ZACHLY my thoughts as well.


----------



## Punkrocka436 (Jul 8, 2003)

i've never had a problem

www.icixsound.com these people havent either


----------



## luckysperm (Dec 2, 2004)

pioneer 6.5 oversized 4 ways 100$$ bestbuy theyre good


----------



## Azgrower (Oct 1, 2004)

luckysperm said:


> pioneer 6.5 oversized 4 ways 100$$ bestbuy theyre good


Your joking right?


----------



## captain_shrapnel (Sep 10, 2004)

luckysperm said:


> pioneer 6.5 oversized 4 ways 100$$ bestbuy theyre good


Compared to what?


----------



## Punkrocka436 (Jul 8, 2003)

compared to the coax's at wal-mart?


----------



## asleepz (Feb 24, 2004)

Punkrocka436 said:


> compared to the coax's at wal-mart?



x2. They sound like crap. We have them in my friends 87 Suburban powered by a Pioneer HU and the stock blown speakers almost sounded as good.


----------



## Zac (Mar 10, 2004)

luckysperm said:


> pioneer 6.5 oversized 4 ways 100$$ bestbuy theyre good


The 4 ways are excellent and dont distort to badley at high volume levels. Given they are not MB Quart but bang for the buck they arent bad. I have 4 way Pioneers up front and 3 way Pioneers in the back and I was very happy. If you are interested in them PM me, I have all original boxes and what not.


----------



## Azgrower (Oct 1, 2004)

captain_shrapnel said:


> Compared to what?


Compared to the Pioneer oversized 3 ways!!
:thumbup: 

Sorry man not trying to laugh at you...or make fun of you...but you have made it really easy and fun!


----------



## Punkrocka436 (Jul 8, 2003)

for 100 dollars? that is not bang for the buck, thats highway robbery for speakers of that quality


----------



## Zac (Mar 10, 2004)

actually their very high quality and have sound quality comparable to speakers of a much higher price.


----------



## Punkrocka436 (Jul 8, 2003)

NickZac said:


> actually their very high quality and have sound quality comparable to speakers of a much higher price.

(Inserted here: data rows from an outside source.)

-- ===== src/Request/Handled.antt =====
-- How `Request::dispatch` of src/request.rs handles a request: what holds of each way holds of all.
use fuse_rs.Base.{◌≡◌, ℤ, Bool, true, false, not, arith, if◌then◌else◌, Bool-cases, refl, inl, inr}
use fuse_rs.Base.Result.{Result, ok, err}
use fuse_rs.Abi.Structs.{FuseInitIn, fuse_init_out_struct}
use fuse_rs.Platform.{Libc}
use fuse_rs.Ll.Request.{unique}
use fuse_rs.Ll.Operation.{Operation, init, destroy}
use fuse_rs.Reply.Typed.Laws.{error-AnswersOnce, empty-AnswersOnce, ok-AnswersOnce}
use fuse_rs.Reply.Raw.{ReplyRaw}
use fuse_rs.Reply.Types.{ReplyEmpty, reply_empty, reply_raw}
use fuse_rs.Filesystem.{Filesystem}
use fuse_rs.Session.{Session}
use fuse_rs.Request.{Request}
use fuse_rs.Request.Dispatch.{
  Dispatched, unsupported_version, init_out, init_result, handle_init, handle_mounted,
  handle_destroy, handle_initialized, handle,
}
use fuse_rs.Request.Replies.{
  IsReplied, IsHandled, WantsReply, IsMounted, fatal, Handled-Replied, answered-Handled,
  reply_error-Handled, handle_mounted-Handled, handle_mounted-fatal,
}

abbrev pub IsInit : Operation → Type 0
IsInit (init arg) = Unit {0}
IsInit _ = ⊥

module _ (c : Libc) {S : Type 0} (fs : Filesystem S) (q : Request) (se : Session S) where
  if_rule :
      (P : Dispatched S → Type 0) (b : Bool) (x y : Dispatched S)
      → P x
      → (b ≡ false → P y)
      → P (if b then x else y)
  if_rule P true x y hx hy = hx
  if_rule P false x y hx hy = hy refl

  init_result-Handled :
      (arg : FuseInitIn) (r : S × Result ℤ (Unit {0}))
      → IsHandled c fs q se (init_result c fs q se arg r)
  unfolding init_result
  init_result-Handled arg (s, ok _) =
      answered-Handled c q.ch (unique q.request) _ _
        (ok-AnswersOnce c q.ch (unique q.request) (init_out arg))
  init_result-Handled arg (s, err e) =
      answered-Handled c q.ch (unique q.request) _ _
        (error-AnswersOnce c q.ch (unique q.request) ReplyRaw e)

  -- What holds of all that handles a request, and of what the file system is asked to while the
  -- session is initialized and not destroyed, holds of a dispatch.
  module _ (P : Dispatched S → Type 0)
      (handled : (o : Dispatched S) → IsHandled c fs q se o → P o) where
    handle_initialized_rule :
        (op : Operation)
        → (IsInit op → ⊥)
        → (IsMounted c fs q se op → se.destroyed ≡ false → P (handle_mounted c fs q se op))
        → P (handle_initialized c fs q se op)
    unfolding handle_initialized handle_destroy
    handle_initialized_rule destroy n mounted = handled _ (
        answered-Handled c q.ch (unique q.request) _ _
          (empty-AnswersOnce c q.ch (unique q.request)))
    handle_initialized_rule (init arg) n mounted = absurd (n tt)
    handle_initialized_rule op n mounted =
        if_rule P se.destroyed _ _ (handled _ (reply_error-Handled c fs q se ReplyEmpty c.eio))
          (mounted tt)

    pub handle_rule :
        (op : Operation)
        → (IsMounted c fs q se op
            → se.initialized ≡ true
            → se.destroyed ≡ false
            → P (handle_mounted c fs q se op))
        → P (handle c fs q se op)
    unfolding handle handle_init
    handle_rule (init arg) mounted =
        if_rule P (unsupported_version arg) _ _
          (handled _ (reply_error-Handled c fs q se ReplyRaw c.eproto))
          (λ _. handled _ (init_result-Handled arg (fs.init q.request se.filesystem)))
    handle_rule op mounted =
        if_rule P (not se.initialized) _ _
          (handled _ (reply_error-Handled c fs q se ReplyEmpty c.eio))
          (λ up. handle_initialized_rule _ (λ i. i) (λ m alive. mounted m (ground arith) alive))

  pub handle_mounted-Replied :
      (op : Operation)
      → WantsReply c fs q se op
      → IsMounted c fs q se op
      → IsReplied c fs q se (handle_mounted c fs q se op)
  handle_mounted-Replied op w m = elim (Bool-cases (fatal op)) [
    | inl breaks ↦ rw (handle_mounted-fatal c fs q se op breaks) (inl refl)
    | inr safe ↦
        Handled-Replied c q.ch (unique q.request) _ (handle_mounted-Handled c fs q se op w m safe)
  ]
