-- ===== src/Request/Answered.antt =====
-- What `Request::dispatch` of src/request.rs answers before, at and after INIT and DESTROY.
use fuse_rs.Base.{
  ◌≤◌, ◌<◌, ◌≡◌, ap, ◌∙◌, ◌⊎◌, ℤ, pos, true, false, not, [], ◌∷◌, arith, if_true, if_false,
}
use fuse_rs.Base.Result.{ok, err}
use fuse_rs.Abi.Structs.{FuseInitIn, fuse_init_out_struct, FuseForgetIn}
use fuse_rs.Platform.{Libc}
use fuse_rs.Effect.{done}
use fuse_rs.Ll.Request.{unique, nodeid}
use fuse_rs.Ll.Operation.{Operation, forget, init, destroy}
use fuse_rs.Reply.Raw.{ReplyRaw, as_bytes}
use fuse_rs.Reply.Raw
use fuse_rs.Reply.Raw.Laws.{packet, send_all-new}
use fuse_rs.Reply.Types.{Reply, ReplyEmpty, reply_empty, reply_raw}
use fuse_rs.Filesystem.{Filesystem}
use fuse_rs.Session.{Session}
use fuse_rs.Request.{Request}
use fuse_rs.Request.Dispatch.{
  Dispatched, unsupported_version, reply_error, init_result, handle_init, handle_mounted,
  handle_initialized, handle, dispatch,
}
use fuse_rs.Request.Negotiation.{negotiated, init_out_lem}
use fuse_rs.Request.Replies.{IsReplied, WantsReply, Handled-Replied}
use fuse_rs.Request.Handled.{IsInit, handle_rule, handle_mounted-Replied}

abbrev pub IsDestroy : Operation → Type 0
IsDestroy destroy = Unit {0}
IsDestroy _ = ⊥

unsupported_lem :
    (arg : FuseInitIn)
    → (arg.major < 7) ⊎ ((arg.major ≡ 7) × (arg.minor < 6))
    → unsupported_version arg ≡ true
unfolding unsupported_version
unsupported_lem arg h = ground arith

supported_lem :
    (arg : FuseInitIn)
    → (7 < arg.major) ⊎ ((arg.major ≡ 7) × (6 ≤ arg.minor))
    → unsupported_version arg ≡ false
unfolding unsupported_version
supported_lem arg h = ground arith

module _ (c : Libc) {S : Type 0} (fs : Filesystem S) (q : Request) (se : Session S) where
  -- The dispatch of a request other than FORGET either returns with one packet sent, which answers
  -- the request, or returns with nothing sent and the reply kept by the file system, or panics
  -- with nothing or only the error EIO sent.
  pub dispatch-Replied :
      WantsReply c fs q se q.request.operation → IsReplied c fs q se (dispatch c fs q se)
  unfolding dispatch
  dispatch-Replied w =
      handle_rule c fs q se (IsReplied c fs q se) (Handled-Replied c q.ch (unique q.request))
        q.request.operation (λ m _ _. handle_mounted-Replied c fs q se q.request.operation w m)

  -- The answer EIO, with the session left as it was.
  abbrev pub refused : Dispatched S
  refused = done (se, []) (packet q.ch (unique q.request) c.eio [] ∷ [])

  reply_error_lem :
      (R : Type 0) ⦃rep : Reply R⦄ (code : ℤ)
      → reply_error c fs q se R code ≡ done (se, []) (packet q.ch (unique q.request) code [] ∷ [])
  unfolding reply_error Raw.error
  reply_error_lem R ⦃rep⦄ code = rw (rep.error_raw, rep.raw-create, send_all-new)

  handle_uninitialized :
      (op : Operation) → (IsInit op → ⊥) → se.initialized ≡ false → handle c fs q se op ≡ refused
  unfolding handle
  handle_uninitialized (init arg) n h = absurd (n tt)
  handle_uninitialized op n h =
      if_true (not se.initialized) _ _ (ap not h) ∙ reply_error_lem ReplyEmpty c.eio

  -- While a session is not initialized, every operation but INIT is answered with EIO and leaves
  -- the session unchanged.
  pub dispatch_uninitialized :
      (IsInit q.request.operation → ⊥) → se.initialized ≡ false → dispatch c fs q se ≡ refused
  unfolding dispatch
  dispatch_uninitialized = handle_uninitialized q.request.operation

  handle_destroyed :
      (op : Operation)
      → (IsInit op → ⊥)
      → (IsDestroy op → ⊥)
      → se.initialized ≡ true
      → se.destroyed ≡ true
      → handle c fs q se op ≡ refused
  unfolding handle handle_initialized
  handle_destroyed (init arg) n m up over = absurd (n tt)
  handle_destroyed destroy n m up over = absurd (m tt)
  handle_destroyed op n m up over =
      if_false (not se.initialized) _ _ (ap not up)
      ∙ if_true se.destroyed _ _ over
      ∙ reply_error_lem ReplyEmpty c.eio

  -- In an initialized session that was destroyed, every operation but INIT and DESTROY is answered
  -- with EIO and leaves the session unchanged.
  pub dispatch_destroyed :
      (IsInit q.request.operation → ⊥)
      → (IsDestroy q.request.operation → ⊥)
      → se.initialized ≡ true
      → se.destroyed ≡ true
      → dispatch c fs q se ≡ refused
  unfolding dispatch
  dispatch_destroyed = handle_destroyed q.request.operation

  -- In a session that is initialized and not destroyed, FORGET runs the method of the file system,
  -- sends nothing and keeps no reply.
  pub dispatch-forget :
      (arg : FuseForgetIn)
      → q.request.operation ≡ forget arg
      → se.initialized ≡ true
      → se.destroyed ≡ false
      → dispatch c fs q se
        ≡ done
            (
              record se {
                filesystem = fs.forget q.request (nodeid q.request) arg.nlookup se.filesystem;
              },
              [],
            )
            []
  unfolding dispatch handle handle_initialized handle_mounted
  dispatch-forget arg e up alive =
      ap (handle c fs q se) e
      ∙ if_false (not se.initialized) _ _ (ap not up)
      ∙ if_false se.destroyed _ _ alive

  handle_init_supported :
      (arg : FuseInitIn)
      → unsupported_version arg ≡ false
      → handle_init c fs q se arg ≡ init_result c fs q se arg (fs.init q.request se.filesystem)
  unfolding handle_init
  handle_init_supported arg h = if_false (unsupported_version arg) _ _ h

  -- An INIT of a version before 7.6 is answered with EPROTO and leaves the session unchanged.
  pub dispatch_init_unsupported :
      (arg : FuseInitIn)
      → q.request.operation ≡ init arg
      → (arg.major < 7) ⊎ ((arg.major ≡ 7) × (arg.minor < 6))
      → dispatch c fs q se ≡ done (se, []) (packet q.ch (unique q.request) c.eproto [] ∷ [])
  unfolding dispatch handle handle_init
  dispatch_init_unsupported arg e old =
      ap (handle c fs q se) e
      ∙ if_true (unsupported_version arg) _ _ (unsupported_lem arg old)
      ∙ reply_error_lem ReplyRaw c.eproto

  -- An INIT of version 7.6 or later that the file system accepts leaves the session initialized,
  -- with the kernel's major and minor version and the file system's new state, its channel and
  -- `destroyed` as they were, and sends one packet: version 7.8, the readahead that was offered,
  -- the lowest flag (FUSE_ASYNC_READ) if it was offered and no other, and writes of 16 MiB.
  pub dispatch_init_accepted :
      (arg : FuseInitIn) (s : S)
      → q.request.operation ≡ init arg
      → (7 < arg.major) ⊎ ((arg.major ≡ 7) × (6 ≤ arg.minor))
      → fs.init q.request se.filesystem ≡ (s, ok tt)
      → dispatch c fs q se
        ≡ done
            (
              record {
                filesystem = s;
                ch = se.ch;
                proto_major = arg.major;
                proto_minor = arg.minor;
                initialized = true;
                destroyed = se.destroyed;
              },
              [],
            )
            (packet q.ch (unique q.request) (pos 0) (as_bytes (negotiated arg)) ∷ [])
  unfolding dispatch handle init_result Raw.ok
  dispatch_init_accepted arg s e new accepts =
      ap (handle c fs q se) e
      ∙ handle_init_supported arg (supported_lem arg new)
      ∙ rw (accepts, init_out_lem arg, send_all-new)

  -- An INIT of version 7.6 or later that the file system refuses is answered with its error in one
  -- packet; the kernel's major and minor version and the file system's new state are stored, and
  -- the channel, `initialized` and `destroyed` are as they were.
  pub dispatch_init_refused :
      (arg : FuseInitIn) (s : S) (code : ℤ)
      → q.request.operation ≡ init arg
      → (7 < arg.major) ⊎ ((arg.major ≡ 7) × (6 ≤ arg.minor))
      → fs.init q.request se.filesystem ≡ (s, err code)
      → dispatch c fs q se
        ≡ done
            (
              record {
                filesystem = s;
                ch = se.ch;
                proto_major = arg.major;
                proto_minor = arg.minor;
                initialized = se.initialized;
                destroyed = se.destroyed;
              },
              [],
            )
            (packet q.ch (unique q.request) code [] ∷ [])
  unfolding dispatch handle init_result Raw.error
  dispatch_init_refused arg s code e new refuses =
      ap (handle c fs q se) e
      ∙ handle_init_supported arg (supported_lem arg new)
      ∙ rw (refuses, send_all-new)
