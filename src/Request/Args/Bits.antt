-- ===== src/Request/Args/Bits.antt =====
-- The flag words of requests, bit by bit: which arguments `setattr` gets, and when computing them panics.
use fuse_rs.Base.{
  ℕ, zero, suc, ◌+◌, ◌*◌, ◌/◌, ◌%◌, ◌^◌, ◌≤◌, ◌<◌, ◌≡◌, refl, ◌⊎◌, inl, inr, ◌↔◌, pos, true, false,
  Option, none, some, arith, bit_and, ◌==◌,
}
use native.Mathlib.Nat.{one-le-pow}
use fuse_rs.Base.Bits.{bit_and_bit}
use fuse_rs.Abi.Structs.{FuseSetattrIn}
use fuse_rs.Platform.{SystemTime, nanos_per_sec, duration_new, epoch_add}
use fuse_rs.Filesystem.{SetAttr}
use fuse_rs.Request.Args.{flagged, epoch_plus, flagged_time, set_attr_args}

-- Bit `k` of a word.
abbrev pub bit : ℕ → ℕ → ℕ
bit k w = w / 2 ^ k % 2

product_test :
    (b p m : ℕ)
    → b < 2
    → 1 ≤ p
    → m ≡ b * p
    → ((b ≡ 0) × ((m == 0) ≡ true)) ⊎ ((b ≡ 1) × ((m == 0) ≡ false))
product_test zero p m small big e = ground arith
product_test (suc zero) p m small big e = ground arith
product_test (suc (suc b)) p m small big e = absurd (omega arith)

bit_test :
    (k w : ℕ)
    → ((bit k w ≡ 0) × ((bit_and w (2 ^ k) == 0) ≡ true))
      ⊎ ((bit k w ≡ 1) × ((bit_and w (2 ^ k) == 0) ≡ false))
bit_test k w =
    product_test (bit k w) (2 ^ k) (bit_and w (2 ^ k)) (omega arith) (one-le-pow k 2 (omega arith))
      (bit_and_bit k w)

-- The argument if the bit is one.
abbrev pub optional : {A : Type 0} → ℕ → A → Option A
optional zero a = none
optional (suc _) a = some a

pub flagged_lem : {A : Type 0} (k w : ℕ) (a : A) → flagged w (2 ^ k) a ≡ optional (bit k w) a
unfolding flagged
flagged_lem k w a = elim (bit_test k w) [
  | inl (off, test) ↦ rw (off, test) refl
  | inr (on, test) ↦ rw (on, test) refl
]

-- The point in time with the nanoseconds carried over.
abbrev pub time : ℕ → ℕ → SystemTime
time secs nanos = record {
  secs = pos (secs + nanos / nanos_per_sec);
  nanos = nanos % nanos_per_sec;
}

-- The bit is set, and the seconds with the carry do not fit an `i64`.
abbrev pub Overflows : ℕ → ℕ → ℕ → Type 0
Overflows b secs nanos = (b ≡ 1) × (2 ^ 63 ≤ secs + nanos / nanos_per_sec)

epoch_plus_cases :
    (secs nanos : ℕ)
    → ((secs + nanos / nanos_per_sec < 2 ^ 63) × (epoch_plus secs nanos ≡ some (time secs nanos)))
      ⊎ ((2 ^ 63 ≤ secs + nanos / nanos_per_sec) × (epoch_plus secs nanos ≡ none))
unfolding epoch_plus duration_new epoch_add
epoch_plus_cases secs nanos = ground arith

pub flagged_time_cases :
    (k w secs nanos : ℕ)
    → (Overflows (bit k w) secs nanos × (flagged_time w (2 ^ k) secs nanos ≡ none))
      ⊎ ((¬ Overflows (bit k w) secs nanos)
          × (flagged_time w (2 ^ k) secs nanos ≡ some (optional (bit k w) (time secs nanos))))
unfolding flagged_time
flagged_time_cases k w secs nanos = elim (bit_test k w) [
  | inl (off, test) ↦ inr (λ h. ground arith, rw (off, test) refl)
  | inr (on, test) ↦ elim (epoch_plus_cases secs nanos) [
    | inl (fits, e) ↦ inr (λ h. ground arith, rw (on, test, e) refl)
    | inr (big, e) ↦ inl ((on, big), rw (test, e) refl)
  ]
]

-- What SETATTR asks for: each argument whose bit is set in `valid`.
abbrev pub asked : FuseSetattrIn → SetAttr
asked arg = record {
  mode = optional (bit 0 arg.valid) arg.mode;
  uid = optional (bit 1 arg.valid) arg.uid;
  gid = optional (bit 2 arg.valid) arg.gid;
  size = optional (bit 3 arg.valid) arg.size;
  atime = optional (bit 4 arg.valid) (time arg.atime arg.atimensec);
  mtime = optional (bit 5 arg.valid) (time arg.mtime arg.mtimensec);
  fh = optional (bit 6 arg.valid) arg.fh;
  crtime = none;
  chgtime = none;
  bkuptime = none;
  flags = none;
}

abbrev pub AtimeOverflows : FuseSetattrIn → Type 0
AtimeOverflows arg = Overflows (bit 4 arg.valid) arg.atime arg.atimensec

abbrev pub MtimeOverflows : FuseSetattrIn → Type 0
MtimeOverflows arg = Overflows (bit 5 arg.valid) arg.mtime arg.mtimensec

pub set_attr_args_cases :
    (arg : FuseSetattrIn)
    → ((AtimeOverflows arg ⊎ MtimeOverflows arg) × (set_attr_args arg ≡ none))
      ⊎ ((¬ (AtimeOverflows arg ⊎ MtimeOverflows arg)) × (set_attr_args arg ≡ some (asked arg)))
unfolding set_attr_args
set_attr_args_cases arg = elim (flagged_time_cases 4 arg.valid arg.atime arg.atimensec) [
  | inl (big, e) ↦ inl (inl big, rw e refl)
  | inr (fits, e) ↦ elim (flagged_time_cases 5 arg.valid arg.mtime arg.mtimensec) [
    | inl (big, e') ↦ inl (inr big, rw (e, e') refl)
    | inr (fits', e') ↦ inr (
      λ h. elim h [ inl a ↦ fits a | inr m ↦ fits' m ],
      rw
          (
            e,
            e',
            flagged_lem 0 arg.valid arg.mode,
            flagged_lem 1 arg.valid arg.uid,
            flagged_lem 2 arg.valid arg.gid,
            flagged_lem 3 arg.valid arg.size,
            flagged_lem 6 arg.valid arg.fh,
          )
          refl,
    )
  ]
]

-- When neither time overflows, `setattr` gets exactly the arguments whose bit is set in `valid`,
-- the times as points after the epoch with their nanoseconds carried over, and none of the macOS
-- arguments.
pub set_attr_args-asked :
    (arg : FuseSetattrIn)
    → ¬ AtimeOverflows arg
    → ¬ MtimeOverflows arg
    → set_attr_args arg ≡ some (asked arg)
set_attr_args-asked arg fits fits' = elim (set_attr_args_cases arg) [
  | inl (inl a, _) ↦ absurd (fits a)
  | inl (inr m, _) ↦ absurd (fits' m)
  | inr (_, e) ↦ e
]

-- Computing the arguments of `setattr` panics exactly when the bit of atime or mtime is set and
-- its seconds, with the carry from the nanoseconds, are 2 ^ 63 or more.
pub set_attr_args-none_iff :
    (arg : FuseSetattrIn) → (set_attr_args arg ≡ none) ↔ (AtimeOverflows arg ⊎ MtimeOverflows arg)
set_attr_args-none_iff arg = elim (set_attr_args_cases arg) [
  | inl (big, e) ↦ (λ _. big, λ _. e)
  | inr (fits, e) ↦ (λ e'. ground arith, λ big. absurd (fits big))
]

[no] Especially if we are talking about component speakers. Have you ever heard a high end home or car system? Your idea of "sound quality" does not even come close to what it actually is.

I'm curious, what speakers do they have comparable sound quality for "of a much higher price."


----------



## Zac (Mar 10, 2004)

Punkrocka436 said:


> [no] Especially if we are talking about component speakers. Have you ever heard a high end home or car system? Your idea of "sound quality" does not even come close to what it actually is.
> 
> I'm curious, what speakers do they have comparable sound quality for "of a much higher price."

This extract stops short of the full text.